In February, the Diabetic Retinopathy Clinical Research Network released data detailing the results of the 2-year endpoint of the group’s Protocol T trial, the first head-to-head-to-head evaluation of three anti-VEGF agents for treatment of diabetic macular edema (DME).1 The 1-year study data, released in February 2015, showed that 2.0 mg aflibercept (Eylea, Regeneron), 1.25 mg bevacizumab (Avastin, Genentech), and 0.3 mg ranibizumab (Lucentis, Genentech) provided impressive visual improvements for DME patients, and that, among patients with starting baseline visual acuity of 20/50 or worse as measured on an ETDRS chart, those treated with aflibercept showed significantly better visual acuity gains at 1 year compared with patients treated with bevacizumab or ranibizumab.2
But year 1 was only half of the story. Would the superiority of aflibercept in worse-seeing eyes be seen after 2 years of data, or would one of the other anti-VEGF agents be as effective? Would any of the treatment arms see a decline in visual acuity gains? Would safety signals crop up at the 2-year time point?
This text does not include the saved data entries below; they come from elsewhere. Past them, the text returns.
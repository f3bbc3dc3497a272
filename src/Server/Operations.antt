-- ===== src/Server/Operations.antt =====
-- A round of the server's loop changes the configuration by operations of `NrpdConfig` only.
use nrp_reference.Base.{
  ℕ, zero, suc, ◌≡◌, refl, sym, subst, ◌⊎◌, inl, inr, ◌&&◌, ◌||◌, Option, none, some, Outcome, ok,
  >>=-eq-ok, arith, length, ltb, leb, ◌==◌, replicate, Bool-cases, if◌then◌else◌,
}
use nrp_reference.Base.Int.{ℤ, pos}
use nrp_reference.MruCache
use nrp_reference.StdHelpers.{SockaddrStorage, sockaddr_eq}
use nrp_reference.Protocol.MsgType
use nrp_reference.Protocol.Layout.{
  Bytes, Header, Pointer, read_header, next_message, end_of_packet, packet_header_size,
  ip4_peer_size, ip6_peer_size, reject_size,
}
use nrp_reference.Protocol.Validate.{validate_request_packet}
use nrp_reference.Protocol.Generate.{generate_response_peers_message, to_byte}
use nrp_reference.Config.State.{Config, enable_peers_response}
use nrp_reference.Config.Servers.{active_server_count, get_server_list, is_positive}
use nrp_reference.Config.Steps.{Steps, counted, done, one-Step, Steps-append}
use nrp_reference.Server.Sizes.{calculate_message_size, to_u32}
use nrp_reference.Server.Responses.{
  RandomDevice, peers_wanted, send_peers, generate_peers_response, generate_entropy_response,
}
use nrp_reference.Server.Parse.{
  Progress, remaining, append, answer, answer_messages, add_rejections, reject_message,
  parse_messages,
}
use nrp_reference.Server.Loop.{
  NrpdServer, receive_buffer, set_mtu, send_response, answer_request, serve,
}

counted_once : (c : Config) (t : ℕ) → Steps c (active_server_count c t).0
counted_once c t = one-Step (counted c t)

get_server_list-counted :
    (c : Config) (t : ℕ) (n : ℤ)
    → ((get_server_list c t n).0 ≡ c) ⊎ ((get_server_list c t n).0 ≡ (active_server_count c t).0)
unfolding get_server_list
get_server_list-counted c t n = ground arith

get_server_list-Steps : (c : Config) (t : ℕ) (n : ℤ) → Steps c (get_server_list c t n).0
get_server_list-Steps c t n = elim (get_server_list-counted c t n) [
  | inl same ↦ subst (λ d. Steps c d) (sym same) (done c)
  | inr recounted ↦ subst (λ d. Steps c d) (sym recounted) (counted_once c t)
]

send_peers-Steps :
    (c d : Config) (t size n k : ℕ) (message : Option Bytes)
    → send_peers c t (size, n) ≡ ok (d, message, k)
    → Steps c d
unfolding send_peers
send_peers-Steps c d t size n k message h = elim (Bool-cases (size == 0)) [
  | inl nothing ↦ subst (λ e. Steps c e) (ground arith) (done c)
  | inr something ↦
      let (made, written, end) =
        >>=-eq-ok
          (generate_response_peers_message t (to_byte n) (get_server_list c t (pos n)).1 size
            (some (replicate size 0)))
          _ (simp something at h) in
      subst (λ e. Steps c e) (ground arith) (get_server_list-Steps c t (pos n))
]

generate_peers_response-Steps :
    (c d : Config) (t count k : ℕ) (available : ℤ) (message : Option Bytes)
    → generate_peers_response c t count available ≡ ok (d, message, k)
    → Steps c d
unfolding generate_peers_response
generate_peers_response-Steps c d t count k available message h =
    let wanted = peers_wanted (active_server_count c t).1 count in
    let size = if t == MsgType.ip6peers then ip6_peer_size else ip4_peer_size in
    elim (Bool-cases (wanted == 0)) [
      | inl nobody ↦ subst (λ e. Steps c e) (ground arith) (counted_once c t)
      | inr somebody ↦
          let fit = calculate_message_size (to_u32 available) size wanted in
          Steps-append (counted_once c t) (
            send_peers-Steps (active_server_count c t).0 d t fit.0 fit.1 k message
              (simp somebody at h))
    ]

append-config :
    (message : Option Bytes) (size : ℕ) (s : Progress) → (append message size s).config ≡ s.config
append-config none size s = refl
append-config (some m) size s = refl

answer-Steps : (msg : Header) (s s' : Progress) → answer msg s ≡ ok s' → Steps s.config s'.config
unfolding answer
answer-Steps msg s s' h =
    elim (Bool-cases (msg.msg_type == MsgType.ip4peers || msg.msg_type == MsgType.ip6peers)) [
      | inl peers ↦ elim (Bool-cases (enable_peers_response s.config msg.msg_type)) [
        | inl enabled ↦
            let ((d, message, k), made, end) =
              >>=-eq-ok (generate_peers_response s.config msg.msg_type msg.count (remaining s)) _
                (simp (peers, enabled) at h) in
            subst (λ e. Steps s.config e)
              (ground (arith, append-config message k (record s { config = d })))
              (generate_peers_response-Steps s.config d msg.msg_type msg.count k (remaining s)
                message made)
        | inr disabled ↦ subst (λ e. Steps s.config e) (ground arith) (done s.config)
      ]
      | inr no_peers ↦ elim (Bool-cases (msg.msg_type == MsgType.entropy)) [
        | inl entropy ↦
            let ((device, message, k), made, end) =
              >>=-eq-ok (generate_entropy_response s.config s.device msg.count (remaining s)) _
                (simp (no_peers, entropy) at h) in
            subst (λ e. Steps s.config e)
              (ground (arith, append-config message k (record s { device = device })))
              (done s.config)
        | inr unknown ↦ subst (λ e. Steps s.config e) (ground arith) (done s.config)
      ]
    ]

answer_messages-Steps :
    (fuel end : ℕ) (p : Pointer) (s s' : Progress)
    → answer_messages fuel end p s ≡ ok s'
    → Steps s.config s'.config
unfolding answer_messages
answer_messages-Steps zero end p s s' h = cc
answer_messages-Steps (suc fuel) end p s s' h =
    elim (Bool-cases (ltb p.at end && is_positive (remaining s))) [
      | inl more ↦
          let (msg, headed, h₁) =
            >>=-eq-ok (read_header p.bytes) _ (rw (answer_messages, more) at h) in
          let (t, answered, h₂) = >>=-eq-ok (answer msg s) _ h₁ in
          let (q, moved, h₃) = >>=-eq-ok (next_message p) _ h₂ in
          Steps-append (answer-Steps msg s t answered) (answer_messages-Steps fuel end q t s' h₃)
      | inr over ↦ subst (λ e. Steps s.config e) (ground arith) (done s.config)
    ]

add_rejections-config : (s s' : Progress) → add_rejections s ≡ ok s' → s'.config ≡ s.config
unfolding add_rejections
add_rejections-config s s' h =
    let fit = calculate_message_size (to_u32 s.bytes_remaining) reject_size (length s.rejections) in
    elim (Bool-cases (length s.rejections == 0)) [
      | inl empty ↦ ground arith
      | inr some_rejected ↦ elim (Bool-cases (fit.0 == 0)) [
        | inl full ↦ ground arith
        | inr room ↦
            let (message, made, end) =
              >>=-eq-ok (reject_message fit.1 fit.0 s.rejections) _
                (simp (some_rejected, room) at h) in
            ground arith
      ]
    ]

-- What `ParseMessages` leaves: the configuration that it got, where it fails.
config_after : Config → Option Progress → Config
config_after c none = c
config_after c (some s) = s.config

parse_messages-Steps :
    (fuel mtu : ℕ) (c : Config) (device : RandomDevice) (buffer : Option Bytes)
    (r : Option Progress)
    → parse_messages fuel mtu c device buffer ≡ ok r
    → Steps c (config_after c r)
unfolding parse_messages config_after
parse_messages-Steps fuel mtu c device none r h =
    let same : none ≡ r = ground arith in subst (λ o. Steps c (config_after c o)) same (done c)
parse_messages-Steps fuel mtu c device (some buffer) r h =
    elim (Bool-cases (leb mtu packet_header_size)) [
      | inl tiny ↦
          let same : none ≡ r = ground arith in
          subst (λ o. Steps c (config_after c o)) same (done c)
      | inr room ↦
          let (pkt, headed, h₁) = >>=-eq-ok (read_header buffer) _ (simp room at h) in
          let (s, answered, h₂) = >>=-eq-ok (answer_messages fuel (end_of_packet pkt) _ _) _ h₁ in
          let (s', ended, h₃) = >>=-eq-ok (add_rejections s) _ h₂ in
          let same : some s' ≡ r = ground arith in
          subst (λ o. Steps c (config_after c o)) same
            (subst (λ e. Steps c e) (sym (add_rejections-config s s' ended))
              (answer_messages-Steps fuel (end_of_packet pkt) _ _ s answered))
    ]

send_response-config :
    (server server' : NrpdServer) (buffer : Bytes) (s : Progress) (r : Option Bytes)
    → send_response server buffer s ≡ ok (server', r)
    → server'.config ≡ s.config
unfolding send_response
send_response-config server server' buffer s r h = ground arith

parsed-Steps :
    (server server' : NrpdServer) (buffer : Bytes) (r : Option Bytes) (parsed : Option Progress)
    → ◌≡◌ {A = Outcome (NrpdServer × Option Bytes)}
        (elim parsed [ none ↦ ok (server, none) | some s ↦ send_response server buffer s ])
        (ok (server', r))
    → Steps server.config (config_after server.config parsed)
    → Steps server.config server'.config
unfolding config_after
parsed-Steps server server' buffer r none h steps =
    subst (λ e. Steps server.config e) (ground arith) steps
parsed-Steps server server' buffer r (some s) h steps =
    subst (λ e. Steps server.config e) (sym (send_response-config server server' buffer s r h))
      steps

answer_request-Steps :
    (fuel : ℕ) (server server' : NrpdServer) (buffer : Bytes) (r : Option Bytes)
    → answer_request fuel server buffer ≡ ok (server', r)
    → Steps server.config server'.config
unfolding answer_request
answer_request-Steps fuel server server' buffer r h =
    let (parsed, made, rest) =
      >>=-eq-ok (parse_messages fuel server.mtu server.config server.device (some buffer)) _ h in
    parsed-Steps server server' buffer r parsed rest
      (parse_messages-Steps fuel server.mtu server.config server.device (some buffer) parsed made)

-- A round of the server that returns changes the configuration by operations of `NrpdConfig` only.
pub serve-Steps :
    (fuel : ℕ) (server server' : NrpdServer) (received : Option (Bytes × SockaddrStorage))
    (now : ℕ → ℕ) (r : Option Bytes)
    → serve fuel server received now ≡ ok (server', r)
    → Steps server.config server'.config
unfolding serve
serve-Steps fuel server server' none now r h =
    subst (λ e. Steps server.config e) (ground arith) (done server.config)
serve-Steps fuel server server' (some (datagram, src_addr)) now r h =
    let (valid, checked, rest) =
      >>=-eq-ok (validate_request_packet fuel (some (receive_buffer datagram))) _ h in
    let (clients, present, schedule) =
      MruCache.is_present_add sockaddr_eq server.recent_clients src_addr (now 0) (now 1) (now 2)
        (now 3) in
    elim (Bool-cases valid) [
      | inr invalid ↦ subst (λ e. Steps server.config e) (ground arith) (done server.config)
      | inl sound ↦ elim (Bool-cases present) [
        | inl held ↦ subst (λ e. Steps server.config e) (ground arith) (done server.config)
        | inr passed ↦
            answer_request-Steps fuel
              (set_mtu (record server { recent_clients = clients }) src_addr) server'
              (receive_buffer datagram) r (simp (sound, passed) at rest)
      ]
    ]
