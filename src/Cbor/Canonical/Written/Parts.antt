-- ===== src/Cbor/Canonical/Written/Parts.antt =====
-- The canonical reader on the encoding of each kind without parts, and on the keys of maps.
use aafp_go.Base.{
  ℕ, suc, ◌+◌, ◌-◌, ◌*◌, ◌^◌, ◌<◌, ◌≤◌, ◌≡◌, ap, ◌∙◌, le→ltb, lt→ltb, true, false, ◌==◌, bit_and,
  Bytes, [], ◌∷◌, ◌++◌, length, take-append, drop-append, length-append, append_assoc, ok, arith,
}
use aafp_go.Base.Int.{ℤ, pos, negsuc}
use aafp_go.Cbor.{Value, unsigned, negative, byte_string, text_string, Limits, n_int}
use aafp_go.Cbor.Head.{encode_head, read_arg_canonical}
use aafp_go.Cbor.Head.RoundTrip.{
  encode_head-parts, head_ai, first_ai, first_major, read_arg_canonical-head,
}
use aafp_go.Cbor.Encode.{encode_int_key, encode_text}
use aafp_go.Cbor.Decode.{Decoder, max_int, simple_value}
use aafp_go.Cbor.Canonical.{
  canonical_value, canonical_step, canonical_body, canonical_text, slice, is_valid_utf8,
}
use aafp_go.Cbor.Decode.RoundTrip.Shape.{IsInt64}
use aafp_go.Cbor.Decode.RoundTrip.Parts.{Room}

head_ai-below : (v : ℕ) → (head_ai v == 31) ≡ false
head_ai-below v = ground arith

module _ (limits : Limits) (len : ℕ) (room : Room limits len) where
  -- With fuel `f` the canonical reader reads `c` from the bytes `b`, whatever follows them.
  abbrev pub Accepts : ℕ → Value → Bytes → Type 0
  Accepts f c b =
      (rest : Bytes)
      → length (b ++ rest) ≤ len
      → canonical_value limits len f (b ++ rest) ≡ ok (c, rest)

  pub canonical_step-head :
      (dec : Decoder) (m v : ℕ) (rest : Bytes)
      → m < 8
      → v < 2 ^ 64
      → canonical_step limits len dec (encode_head (m * 32) v ++ rest)
        ≡ canonical_body limits len dec (m * 32) (head_ai v) v rest
  unfolding canonical_step
  canonical_step-head dec m v rest hm hv =
      rw (encode_head-parts (m * 32) v) (
        rw
          (first_ai m v hm, first_major m v hm, head_ai-below v, read_arg_canonical-head v rest hv))

  -- The bytes behind a head.
  pub behind_head :
      (mt v : ℕ) (b rest : Bytes)
      → length ((encode_head mt v ++ b) ++ rest) ≤ len
      → length (b ++ rest) ≤ len
  behind_head mt v b rest h =
      let head = encode_head mt v in
      omega (arith, ap length (append_assoc head b rest), length-append head (b ++ rest))

  slice-append :
      (b rest : Bytes)
      → length (b ++ rest) ≤ len
      → slice limits len (length b) (b ++ rest) ≡ ok (b, rest)
  unfolding slice
  slice-append b rest h =
      let small = room.is_int_len in
      let parts = length-append b rest in
      rw
        (
          le→ltb max_int (length b) (omega arith),
          le→ltb max_int (len - length (b ++ rest) + length b) (omega arith),
          le→ltb (length (b ++ rest)) (length b) (omega arith),
        )
        (λ i. ok (take-append b rest i, drop-append b rest i))

  module _ (f : ℕ) where
    pub Accepts-unsigned : (n : ℕ) → n < 2 ^ 64 → Accepts (suc f) (unsigned n) (encode_head 0x00 n)
    unfolding canonical_value canonical_body
    Accepts-unsigned n h rest fits =
        canonical_step-head (canonical_value limits len f) 0 n rest (omega arith) h

    pub Accepts-negative :
        (n : ℕ) → n < 2 ^ 63 → Accepts (suc f) (negative (negsuc n)) (encode_head 0x20 n)
    unfolding canonical_value canonical_body n_int
    Accepts-negative n h rest fits =
        canonical_step-head (canonical_value limits len f) 1 n rest (omega arith) (omega arith)
        ∙ rw (le→ltb max_int n (omega arith))

    pub Accepts-bytes :
        (b : Bytes) → Accepts (suc f) (byte_string b) (encode_head 0x40 (length b) ++ b)
    unfolding canonical_value canonical_body
    Accepts-bytes b rest fits =
        let head = encode_head 0x40 (length b) in
        let behind = behind_head 0x40 (length b) b rest fits in
        ap (canonical_step limits len (canonical_value limits len f)) (append_assoc head b rest)
        ∙ canonical_step-head (canonical_value limits len f) 2 (length b) (b ++ rest) (omega arith)
            (omega (arith, length-append b rest, room.is_int_len))
        ∙ rw (slice-append b rest behind)

    pub Accepts-text :
        (b : Bytes) → is_valid_utf8 b ≡ true → Accepts (suc f) (text_string b) (encode_text b)
    unfolding canonical_value canonical_body canonical_text encode_text
    Accepts-text b valid rest fits =
        let head = encode_head 0x60 (length b) in
        let behind = behind_head 0x60 (length b) b rest fits in
        ap (canonical_step limits len (canonical_value limits len f)) (append_assoc head b rest)
        ∙ canonical_step-head (canonical_value limits len f) 3 (length b) (b ++ rest) (omega arith)
            (omega (arith, length-append b rest, room.is_int_len))
        ∙ rw (slice-append b rest behind) (rw valid)

    pub Accepts-int_key : (k : ℤ) → IsInt64 k → Accepts (suc f) (n_int k) (encode_int_key k)
    unfolding encode_int_key n_int
    Accepts-int_key (pos n) h = Accepts-unsigned n (omega arith)
    Accepts-int_key (negsuc n) h = Accepts-negative n h

    pub Accepts-simple :
        (ai : ℕ) (v : Value) (b : ℕ)
        → bit_and b 0xe0 ≡ 0xe0
        → bit_and b 0x1f ≡ ai
        → ai < 24
        → simple_value ai ≡ ok v
        → Accepts (suc f) v (b ∷ [])
    unfolding canonical_value canonical_step canonical_body read_arg_canonical
    Accepts-simple ai v b major low small value rest fits =
        let known : (ai == 31) ≡ false = ground (arith, small) in
        rw (major, low) (rw (known, lt→ltb ai 24 small) (rw value))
Retina Today and EyewireTV sat down with a number of retina specialists to hear their interpretation of the 2-year Protocol T data.
STUDY DESIGN AND DATA OUTLINE
In Protocol T, researchers randomly assigned 660 patients with DME to treatment with 2.0 mg aflibercept, 1.25 mg compounded bevacizumab, or 0.3 mg ranibizumab. Participants received laser therapy if DME persisted beyond 6 months. During year 1 of the study, patient visits occurred every 4 weeks, and the interval was extended up to every 4 months thereafter if visual acuity and macular thickness were stable.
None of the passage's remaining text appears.